In previous articles we have described the history of Wycombe Hospital up until 1948 when the National Health Service was formed. We will now consider the history for the next 30 years up to 1978.

When the NHS was formed in 1948 Wycombe War Memorial Hospital became responsible to the Oxford Region Hospital Board.

It had accommodation for only 96 in-patients. An early decision was made that due to pressures resulting from the war and the increasing population in the area of High Wycombe a new much larger District General Hospital should be provided. Due to the need to keep the existing hospital in operation it was decided to build the new one in three phases.

The first phase commenced in 1963. The construction of the shell and roof of the building was completed two years later at a cost of £1.5M.

The “topping out” took place on March 9, when the “tamping off” of the last six yard stretch of concrete in the top floor was ceremoniously undertaken by the Managing Director of the builders Ford & Walton.

The contract had been completed within the allotted time-scale.

In 1965, before the hospital became operational, it was named the Wycombe General.

1965 was also an important year for another reason, which was related to the long-term development of the hospital.

The first public statement was made about the possibility of Wycombe Wanderers moving from Loakes Park to a new ground, thus allowing a major expansion of the hospital site.

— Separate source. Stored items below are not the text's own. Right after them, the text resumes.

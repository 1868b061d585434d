-- ===== src/Cli/Address/Tests.antt =====
-- An element with one address that is up and one in the shared space, and the theorems at it.
use prisma_sdwan_mcp.Prelude.{if◌then◌else◌, ◌≡◌, refl, ◌↔◌, true, false, none, [], ◌∷◌, str_eq}
use prisma_sdwan_mcp.Prelude.Result.{ok}
use prisma_sdwan_mcp.Value.{
  str, list, dict, Fields, end, field, Items, nil, cons, get, get_or_null, has, set, truthy, dicts,
}
use prisma_sdwan_mcp.Prelude.Text.{
  codes, in_range, is_space, is_digit, text_eq, starts_with, contains, strip, lower,
}
use prisma_sdwan_mcp.Prelude.Int.{decimal_from, parse_int}
use prisma_sdwan_mcp.Resolver.Records.{list_at, records, project, decimal, to_text}
use prisma_sdwan_mcp.Resolver.{
  Services, has_id, has_name, holds_name, select, find, site_of, given, site_element,
}
use prisma_sdwan_mcp.Cli.Address.{
  split_on, head_part, octet, in_network, octets_shared, parts_shared, is_shared_address_space,
  live_addresses, is_text, usable, role_candidates, Address, address_at, choose, in_roles,
  address_of, resolve_device_address,
}
use prisma_sdwan_mcp.Cli.Address.Shared.{IsSharedText, is_shared_address_space_iff}
use prisma_sdwan_mcp.Cli.Address.Chosen.{IsResolved, resolve_device_address-IsResolved}

addressing : Unit {0}
unfolding resolve_device_address address_of in_roles choose role_candidates usable live_addresses
    is_text address_at is_shared_address_space parts_shared split_on head_part octet octets_shared
    in_network parse_int decimal_from is_digit in_range strip is_space codes site_element find
    select has_id has_name holds_name records get get_or_null has project to_text lower text_eq
    contains starts_with site_of given truthy dicts list_at set decimal
addressing = tt

abbrev element_row : Fields
element_row =
    field "id" (str (codes "e1"))
      (field "name" (str (codes "edge")) (field "site_id" (str (codes "s1")) end))

abbrev interface_rows : Items
interface_rows =
    cons
      (dict (
        field "id" (str (codes "i1"))
          (field "used_for" (str (codes "lan")) (field "name" (str (codes "1")) end))))
      nil

abbrev status_row : Fields
status_row = field "operational_state" (str (codes "up")) (
    field "ipv4_addresses"
      (list (cons (str (codes "100.65.96.1/24")) (cons (str (codes "10.64.167.4/24")) nil))) end)

abbrev pub one_element : Services
one_element = record {
  resource_alias = λ kind. ok (record {
    action_id = kind;
    match_fields = "name" ∷ [];
    projection = "id" ∷ "name" ∷ "site_id" ∷ [];
  });
  execute = λ action paths.
      if str_eq action "element"
      then ok (list (cons (dict element_row) nil))
      else if str_eq action "sites_devices.interfaces"
      then ok (list interface_rows)
      else ok (dict status_row);
  repr = λ v. [];
}

abbrev edge_address : Address
edge_address = record {
  host = codes "10.64.167.4";
  element_id = str (codes "e1");
  element_name = str (codes "edge");
  site_id = str (codes "s1");
  interface_id = str (codes "i1");
  interface_name = str (codes "1");
  used_for = "lan";
}

edge_found : resolve_device_address one_element (codes "edge") none ≡ ok edge_address
unfolding addressing
edge_found = refl

resolve_device_address-IsResolved_example : IsResolved one_element (codes "edge") none edge_address
resolve_device_address-IsResolved_example =
    resolve_device_address-IsResolved one_element (codes "edge") none edge_address edge_found

is_shared_address_space_iff_example :
    (is_shared_address_space (codes "100.65.96.1") ≡ true)
    ↔ IsSharedText (split_on b'.' (codes "100.65.96.1"))
is_shared_address_space_iff_example = is_shared_address_space_iff (codes "100.65.96.1")

tunnel_is_shared : is_shared_address_space (codes "100.65.96.1") ≡ true
unfolding addressing
tunnel_is_shared = refl

device_is_not : is_shared_address_space (codes "10.64.167.4") ≡ false
unfolding addressing
device_is_not = refl
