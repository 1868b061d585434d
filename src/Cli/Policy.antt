-- ===== src/Cli/Policy.antt =====
-- cli/policy.py: which commands may be sent to a device. The patterns are the file's regular
-- expressions, part by part. A reason is a constructor that holds the values which the code puts
-- into its message.
pub mod Patterns
pub mod Accepted
pub mod Characters
pub mod Pipes
pub mod Batch
pub mod Tests
use prisma_sdwan_mcp.Prelude.{
  ltb, leb, ◌==◌, if◌then◌else◌, length, any, is_empty, ℕ, String, Bool, true, false, not, ◌&&◌,
  ◌||◌, Option, none, some, List, [], ◌∷◌, map,
}
use prisma_sdwan_mcp.Prelude.Text.{
  Text, codes, in_range, is_space, is_digit, is_alnum, text_eq, strip,
}
use prisma_sdwan_mcp.Prelude.Int.{decimal_from}
use prisma_sdwan_mcp.Prelude.Result.{Result, ok, ◌>>=◌}
use prisma_sdwan_mcp.Config.{Env, ConfigError, get_ion_max_commands}
use prisma_sdwan_mcp.Re.{Re, chr, seq, alt, star, plus, opt, lit, up_to, fullmatch}

-- One of the characters of a text, as in `[...]`.
unfoldable pub one_of : Text → ℕ → Bool
one_of s c = any (λ d. d == c) s

abbrev space : Re
space = chr is_space

-- `_SAFE_ARGUMENT`
unfoldable pub safe_char : ℕ → Bool
safe_char c = is_alnum c || one_of (codes "_.:/=-") c

abbrev safe_argument : Re
safe_argument = seq (chr is_alnum) (star (chr safe_char))

-- `_GREP_ARGUMENT`
unfoldable pub grep_char : ℕ → Bool
grep_char c = is_alnum c || one_of (codes "_.:/=,*?+-[]{}^") c

abbrev grep_argument : Re
grep_argument = seq (chr is_alnum) (star (chr grep_char))

unfoldable pub grep_flag : ℕ → Bool
grep_flag c = one_of (codes "ivwF") c

abbrev is_char : ℕ → ℕ → Bool
is_char d c = c == d

abbrev char : ℕ → Re
char d = chr (is_char d)

-- `_GREP_FILTER` without its `?`
abbrev grep_filter : Re
grep_filter = seq (plus space) (
    seq (char b'|') (
      seq (plus space) (
        seq (lit (codes "grep")) (
          seq (star (seq (plus space) (seq (char b'-') (chr grep_flag))))
            (seq (plus space) (seq grep_argument (star (seq (plus space) grep_argument))))))))

pub data Family : Type 0 where
  dump inspect ping tcpping dig : Family

abbrev pub family_name : Family → String
family_name dump = "dump"
family_name inspect = "inspect"
family_name ping = "ping"
family_name tcpping = "tcpping"
family_name dig = "dig"

-- `ION_READ_ONLY_PATTERNS`
abbrev read_only_pattern : Family → Re
read_only_pattern f =
    seq (lit (codes (family_name f)))
      (seq (plus (seq (plus space) safe_argument)) (opt grep_filter))

-- `_PORT`
abbrev port : Re
port = seq (chr is_digit) (up_to 4 (chr is_digit))

-- `_PING_COUNT`
abbrev ping_count : Re
ping_count = alt (chr (in_range b'1' b'9')) (lit (codes "10"))

-- `ION_DIAGNOSTIC_PATTERNS`
abbrev ping_pattern : Re
ping_pattern = seq (lit (codes "ping ")) (
    seq safe_argument (
      seq (char b' ')
        (seq safe_argument (opt (seq (lit (codes " args=\"-c ")) (seq ping_count (char b'"')))))))

abbrev tcpping_pattern : Re
tcpping_pattern =
    seq (lit (codes "tcpping "))
      (seq safe_argument (seq (char b' ') (seq safe_argument (seq (char b':') port))))

abbrev dig_pattern : Re
dig_pattern =
    seq (lit (codes "dig "))
      (seq safe_argument (seq (char b' ') (seq safe_argument (seq (char b' ') safe_argument))))

-- `ION_COMMAND_PATTERNS`, as a function of the family.
unfoldable pub pattern_of : Family → Re
unfolding codes
pattern_of dump = read_only_pattern dump
pattern_of inspect = read_only_pattern inspect
pattern_of ping = ping_pattern
pattern_of tcpping = tcpping_pattern
pattern_of dig = dig_pattern

abbrev families : List Family
families = dump ∷ inspect ∷ ping ∷ tcpping ∷ dig ∷ []

pub data Reason : Type 0 where
  not_a_string empty surrounding_space control_character bad_port no_match : Reason
  matches : Family → Reason

-- An element of `commands`: a string, or another object with its `str()`.
pub data Command : Type 0 where
  text : Text → Command
  object : Text → Command

pub record CommandDecision : Type 0 where
  pub command : Text
  pub allowed : Bool
  pub reason : Reason
  pub matched_pattern : Option Family

abbrev pub denied : Text → Reason → CommandDecision
denied c r = record { command = c; allowed = false; reason = r; matched_pattern = none }

abbrev pub approved : Text → Family → CommandDecision
approved c f = record { command = c; allowed = true; reason = matches f; matched_pattern = some f }

unfoldable pub is_control : ℕ → Bool
is_control c = ltb c 32 || c == 127

-- The text behind the last `mark`, if there is one.
unfoldable pub after_last : ℕ → Text → Option Text
after_last mark [] = none
after_last mark (c ∷ s) =
    let later = after_last mark s in
    elim later [ some t ↦ some t | none ↦ if c == mark then some s else none ]

-- `match.groupdict().get("port")`: the group stands at the end of the `tcpping` form, behind a
-- colon, and holds none itself. The other forms have no such group.
port_group : Family → Text → Option Text
unfolding after_last
port_group tcpping command = after_last b':' command
port_group dump command = none
port_group inspect command = none
port_group ping command = none
port_group dig command = none

-- `port is not None and not 1 <= int(port) <= 65535`
port_ok : Option Text → Bool
unfolding decimal_from
port_ok none = true
port_ok (some p) = let n = decimal_from 0 p in leb 1 n && leb n 65535

-- The loop over `ION_COMMAND_PATTERNS`: the first form that matches decides.
first_match : Text → List Family → CommandDecision
unfolding port_group port_ok pattern_of fullmatch
first_match command [] = denied command no_match
first_match command (f ∷ fs) =
    let later = first_match command fs in
    if fullmatch (pattern_of f) command
    then (if port_ok (port_group f command) then approved command f else denied command bad_port)
    else later

unfoldable pub validate_text : Text → CommandDecision
unfolding first_match is_control strip text_eq
validate_text command =
    if is_empty command
    then denied command empty
    else if not (text_eq command (strip command))
    then denied command surrounding_space
    else if any is_control command
    then denied command control_character
    else first_match command families

unfoldable pub validate_command : Command → CommandDecision
unfolding validate_text
validate_command (object s) = denied s not_a_string
validate_command (text command) = validate_text command

pub data BatchReason : Type 0 where
  not_a_list no_commands command_denied all_approved : BatchReason
  too_many : (count limit : ℕ) → BatchReason

pub record BatchDecision : Type 0 where
  pub allowed : Bool
  pub decisions : List CommandDecision
  pub reason : BatchReason

abbrev pub rejected : List CommandDecision → BatchReason → BatchDecision
rejected ds r = record { allowed = false; decisions = ds; reason = r }

-- What a caller can pass for `commands`.
pub data Commands : Type 0 where
  sequence : List Command → Commands
  no_sequence : Commands

decide_batch : List CommandDecision → BatchDecision
decide_batch ds =
    if is_empty ds
    then rejected ds no_commands
    else if any (λ d. not d.allowed) ds
    then rejected ds command_denied
    else record { allowed = true; decisions = ds; reason = all_approved }

unfoldable pub validate_batch : Env → Commands → Option ℕ → Result ConfigError BatchDecision
unfolding decide_batch get_ion_max_commands validate_command
validate_batch env no_sequence max_commands = ok (rejected [] not_a_list)
validate_batch env (sequence commands) max_commands = do
  limit ← elim max_commands [ none ↦ get_ion_max_commands env | some n ↦ ok n ]
  if ltb limit (length commands)
      then ok (rejected [] (too_many (length commands) limit))
      else ok (decide_batch (map validate_command commands))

A statement was in effect forced upon the council on March 9 1965 by a rumour that the planning officer was considering a site for the new ground which ”would encroach further either on the Rye or Holywell Mead”.

It was explained that discussions had taken place between the hospital authorities and the football club at which the council had been represented, as a result of which the planning officer was asked to look round for possible sites. Reassurance was given that no commitments had been made.

Also in 1965 the hospital made the national newspapers, when on May 5 the Daily Mirror carried the headline “New Hospital – No Nurses”. The article stated that the £500 which had been spent on an advertising campaign for new nurses had generated only sixteen replies, of which only one responded again after being sent a brochure.

That was from a schoolgirl who wanted a career in nursing!

Apparently the hospital required a staff of 179 and unless these were in place by the end the year “the new hospital will stand like an empty shell as other hospitals have been forced to do”.

So the Deputy Group Secretary of the Hospital Management Committee was instructed to fly to Malta, where their government was sponsoring an emigration scheme. The results of this trip are not known.

Before it was open to accept patients the hospital was visited on January 7 1966 by the Minister for Health Kenneth Robinson. From the roof “he was shown the full scope of the next two stages of the hospital extension”.

He was also informed that the “adjacent London Transport Garage had been acquired” for that purpose, but in the event it was not used in that way. The bus garage did not close until 1977 and since then the building has been used by many different retail outlets.

The hospital seems to have come into use progressively during the later months of 1966. It served a population at that time of about 200,000, providing 224 beds for in-patients, which combined with those still available in the old Memorial Hospital brought the total to 280.

The operating theatres were operational from July 1966 and these were catering for a rising number of accident emergency admissions. Between 1961 and 1965 the number of such admissions rose from 25,737 to 35,036, the latter figure being an average of nearly 100 a day.

The Bucks Free Press reported that an innovation at the hospital was that all staff were to be provided with name badges, to make the contact between staff and patients more personal !

The second phase in the development of the new hospital was completed in 1969. This provided an A&E department with outpatient beds, and X-ray, physiotherapy, occupational therapy and medical records departments. To cater for geriatric patients a new single storey block of 56 beds had to be built at Booker Hospital.

In 1971 Phase III was completed and provided another 120 beds, together with Maternity, Gynaecology and Paediatric departments and a Midwifery Training School.

A new Maternity Unit costing £1M was opened in 1976. This allowed the centralisation of local baby-care services at Wycombe and the closure of the maternity units at Amersham and Stone.

However The Shrubbery maternity home off Amersham Hill remained open, although it was soon used for other health care services, such as the care of older people.

The old War Memorial hospital, then a wing of Wycombe General, was demolished. The names of the two wards in the wing, Beaconsfield and Carrington, were transferred to Booker Hospital.

On 29 October 1978 the first local twenty four hour Intensive Care Unit was opened at Wycombe General Hospital. It had been built two years previously but was not opened due to a lack of money to operate the Unit. Then the opening was delayed by three weeks because of industrial action by the maintenance supervisors trade union.

With no end in sight for this strike the “hospital boss ordered the ICU to open”. He also “launched an astonishing attack on the trade union”, according to the report in the BFP. The ICU had cost £144,000 to build and equip, and provided 6 beds for patients requiring 24/7 care.